Un matin, alors qu’il travaillait à son second livre, un roman qui avait pour cadre la banlieue nord et qui tentait de mettre à jour les ressorts d’une future catastrophe, il reçut sur la nouvelle table numérique qu’il venait d’acheter, un message en bleu blanc rouge avec, en haut à gauche, le logo du gouvernement. Il lut qu’il avait enfreint les articles 89 et 90 3A et 3B du code des lois françaises. C’était un avertissement et une injonction à arrêter d’écrire des textes qui - était-il indiqué - allaient à l’encontre des intérêts du pays. Il s’affola un peu, autant perturbé par l’intrusion que par la menace qu’elle faisait planer sur lui. Il en parla le soir même à Epangélia. Elle lui suggéra de travailler sur sa vieille table numérique qui n’était probablement pas sous le contrôle des autorités. Il se rangea à cette décision même si sa tranquillité d’esprit s’était effritée. Il continua cependant à écrire avec l’impression que quelqu’un se tenait en permanence à ses côtés et regardait par-dessus son épaule. Son écriture s’en ressentit. Il écrivait plus lentement et reprenait systématiquement ses phrases, persuadé, à tort ou à raison, qu’il s’autocensurait. Quelques semaines plus tard, un second message émanant du gouvernement l’informa d’une interdiction d’écriture pour une durée de 5 ans, sous prétexte qu’il n’avait pas tenu compte de l’avertissement qui lui avait été donné. Ses tablettes seraient mises en veille, Domber se dit qu’il continuerait son travail grâce au matériel d’Epangélia mais, à leur tour, ses ordinateurs furent réduits au silence. Il ne pouvait plus se connecter ni écrire. Très angoissé, il se rendit, le soir même, à la Librairie bourdieusienne qu’il fréquentait régulièrement, tenue par une association d’anciens professeurs de littérature, d’anciens étudiants en écriture comme lui et des libraires d’avant le krach du livre. Ceux qui étaient là le rassurèrent. Ils lui donnèrent l’adresse d’un bricoleur qui lui fournit un vieil ordinateur pirate, une machine hors d’âge qui ressemblait à une boîte à outil en ferraille auquel était soudé un clavier à touches, un peu comme ces minitels qu’il avait vu dans le grenier de la maison familiale.

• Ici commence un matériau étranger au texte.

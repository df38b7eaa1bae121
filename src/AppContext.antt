-- ===== src/AppContext.antt =====
-- `AppContext` and `ServiceScope` of libs/application/application_context.py: services are registered
-- with a lifetime, made when they are asked for, kept, and disposed of. The factories are taken to
-- make their objects without the container. `_async_cleanup_tasks`, to which nothing is ever added,
-- is left out.
pub mod Lifecycle
pub mod Clients
pub mod Kept
pub mod Singletons
pub mod Scopes
mod Tests
use claimsintelligence.Base.{
  ℕ, String, Bool, true, false, Option, none, some, List, [], ◌∷◌, if◌then◌else◌, ◌==◌, string_key,
  map, is_empty,
}
use claimsintelligence.Exec.{
  Exec, Exn, exn, key_error, value_error, Outcome, returned, raised, pure, raise, gets, modify,
  finally, finally_do, ◌>>=◌, ◌>>◌,
}
use claimsintelligence.Dict.{Dict, get, set, pop}

-- `ServiceLifetime`
pub data Lifetime : Type 0 where
  singleton transient scoped async_singleton async_scoped : Lifetime

-- An object that there is, or a factory or a class, by its name.
pub data Implementation : Type 0 where
  instance_of : ℕ → Implementation
  factory : String → Implementation
  class_of : String → Implementation

pub record ServiceDescriptor : Type 0 where
  pub service_type : String
  pub implementation : Implementation
  pub lifetime : Lifetime
  pub is_async : Bool
  pub cleanup_method : String

-- What `hasattr` says of an object.
pub record Attributes : Type 0 where
  pub has_aenter : ℕ → Bool
  pub has_aexit : ℕ → Bool
  pub has_method : ℕ → String → Bool

pub data Call : Type 0 where
  call_factory : String → Call
  instantiate : String → Call
  aenter : ℕ → Call
  aexit : ℕ → Call
  cleanup : ℕ → String → Call

pub data Reply : Type 0 where
  made : ℕ → Reply
  fail : Exn → Reply

abbrev pub Event : Type 0
Event = Call × Reply

abbrev pub Env : Type 0
Env = List Event → Call → Reply

-- The newest call is the first of `trace`.
pub record AppContext : Type 0 where
  pub services : Dict String ServiceDescriptor
  pub instances : Dict String ℕ
  pub scoped_instances : Dict String (Dict String ℕ)
  pub current_scope_id : Option String
  pub trace : List Event

unfoldable pub empty_context : AppContext
empty_context = record {
  services = [];
  instances = [];
  scoped_instances = [];
  current_scope_id = none;
  trace = [];
}

-- The object of a reply; what a disposal gives is not read.
abbrev pub answer : Reply → Outcome ℕ
answer (fail e) = raised e
answer (made o) = returned o

unfoldable pub perform : Env → Call → Exec AppContext ℕ
perform env c s = let r = env s.trace c in (answer r, record s { trace = (c, r) ∷ s.trace })

abbrev pub register : ServiceDescriptor → Exec AppContext (Unit {0})
register d = modify λ s. record s { services = set s.services d.service_type d }

-- implementation or service_type
abbrev pub or_itself : Option Implementation → String → Implementation
or_itself none t = class_of t
or_itself (some i) t = i

-- cleanup_method or "close"
abbrev pub or_close : Option String → String
or_close none = "close"
or_close (some m) = if is_empty m then "close" else m

abbrev pub describe : Lifetime → Bool → String → String → Option Implementation → ServiceDescriptor
describe lifetime is_async cleanup_method t i = record {
  service_type = t;
  implementation = or_itself i t;
  lifetime = lifetime;
  is_async = is_async;
  cleanup_method = cleanup_method;
}

unfoldable pub add_singleton : String → Option Implementation → Exec AppContext (Unit {0})
add_singleton t i = register (describe singleton false "close" t i)

unfoldable pub add_transient : String → Option Implementation → Exec AppContext (Unit {0})
add_transient t i = register (describe transient false "close" t i)

unfoldable pub add_scoped : String → Option Implementation → Exec AppContext (Unit {0})
add_scoped t i = register (describe scoped false "close" t i)

unfoldable pub add_async_singleton :
    String → Option Implementation → Option String → Exec AppContext (Unit {0})
add_async_singleton t i method = register (describe async_singleton true (or_close method) t i)

unfoldable pub add_async_scoped :
    String → Option Implementation → Option String → Exec AppContext (Unit {0})
add_async_scoped t i method = register (describe async_scoped true (or_close method) t i)

unfoldable pub is_registered : String → AppContext → Bool
is_registered t s = elim (get s.services t) [ none ↦ false | some d ↦ true ]

unfoldable pub get_registered_services : AppContext → Dict String Lifetime
get_registered_services s = map (λ e. (e.0, e.1.lifetime)) s.services

-- self._scoped_instances.get(scope_id, {})
abbrev pub scope_services : String → AppContext → Dict String ℕ
scope_services i s = elim (get s.scoped_instances i) [ none ↦ [] | some d ↦ d ]

abbrev pub keep_instance : String → ℕ → AppContext → AppContext
keep_instance t o s = record s { instances = set s.instances t o }

abbrev pub keep_scoped : String → String → ℕ → AppContext → AppContext
keep_scoped i t o s = record s {
  scoped_instances = set s.scoped_instances i (set (scope_services i s) t o);
}

module _ (env : Env) (attributes : Attributes) where
  abbrev pub make : Implementation → Exec AppContext ℕ
  make (instance_of o) = pure o
  make (factory f) = perform env (call_factory f)
  make (class_of c) = perform env (instantiate c)

  unfoldable pub create_instance : ServiceDescriptor → Exec AppContext ℕ
  create_instance d = make d.implementation

  abbrev pub enter_object : ℕ → Exec AppContext ℕ
  enter_object o = if attributes.has_aenter o then (do perform env (aenter o); pure o) else pure o

  abbrev pub make_async : Implementation → Exec AppContext ℕ
  make_async (instance_of o) = pure o
  make_async (factory f) = do o ← perform env (call_factory f); enter_object o
  make_async (class_of c) = do o ← perform env (instantiate c); enter_object o

  unfoldable pub create_async_instance : ServiceDescriptor → Exec AppContext ℕ
  create_async_instance d = make_async d.implementation

  abbrev pub kept_or :
      Option ℕ → Exec AppContext ℕ → (ℕ → AppContext → AppContext) → Exec AppContext ℕ
  kept_or (some o) create keep = pure o
  kept_or none create keep = do o ← create; modify (keep o); pure o

  abbrev pub of_container : String → Exec AppContext ℕ → Exec AppContext ℕ
  of_container t create = do
    kept ← gets (λ s. get s.instances t)
    kept_or kept create (keep_instance t)

  abbrev pub in_scope : String → Exec AppContext ℕ → Option String → Exec AppContext ℕ
  in_scope t create none = raise (exn value_error "a scoped service requires an active scope")
  in_scope t create (some i) = do
    kept ← gets (λ s. get (scope_services i s) t)
    kept_or kept create (keep_scoped i t)

  abbrev pub of_scope : String → Exec AppContext ℕ → Exec AppContext ℕ
  of_scope t create = do scope ← gets (λ s. s.current_scope_id); in_scope t create scope

  abbrev pub by_lifetime : Lifetime → String → Exec AppContext ℕ → Exec AppContext ℕ
  by_lifetime singleton t create = of_container t create
  by_lifetime scoped t create = of_scope t create
  by_lifetime _ t create = create

  abbrev pub resolve : String → Option ServiceDescriptor → Exec AppContext ℕ
  resolve t none = raise (exn key_error "the service is not registered")
  resolve t (some d) = by_lifetime d.lifetime t (create_instance d)

  unfoldable pub get_service : String → Exec AppContext ℕ
  get_service t = do d ← gets (λ s. get s.services t); resolve t d

  abbrev pub by_async_lifetime : Lifetime → String → Exec AppContext ℕ → Exec AppContext ℕ
  by_async_lifetime async_singleton t create = of_container t create
  by_async_lifetime async_scoped t create = of_scope t create
  by_async_lifetime _ t create = create

  abbrev pub resolve_async : String → Option ServiceDescriptor → Exec AppContext ℕ
  resolve_async t none = raise (exn key_error "the service is not registered")
  resolve_async t (some d) =
      if d.is_async
      then by_async_lifetime d.lifetime t (create_async_instance d)
      else raise (exn value_error "the service is not registered as an async service")

  unfoldable pub get_service_async : String → Exec AppContext ℕ
  get_service_async t = do d ← gets (λ s. get s.services t); resolve_async t d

Désormais, il vivrait dans une complète clandestinité. Ses revenus, certes aléatoires puisque dépendant entièrement de son écriture et de l’intérêt qu’un public clandestin pouvait lui porter, devraient lui permettre de survivre. Quant à Epangélia, elle continuait à travailler pour payer l’essentiel. Il sentait poindre en lui un sentiment qu’il n’avait plus éprouvé depuis son adolescence et qui s’apparentait à une forme consciente de bien être, pour ne pas dire de bonheur. Il allait être ce qu’il avait toujours rêvé de devenir. Il allait se consacrer totalement à son écriture mais en outre, il en retrouvait le sens véritable, celui de dire, d’avertir, de critiquer que les écrivains avaient longtemps oublié et qui expliquait peut-être pourquoi désormais il devrait vivre caché.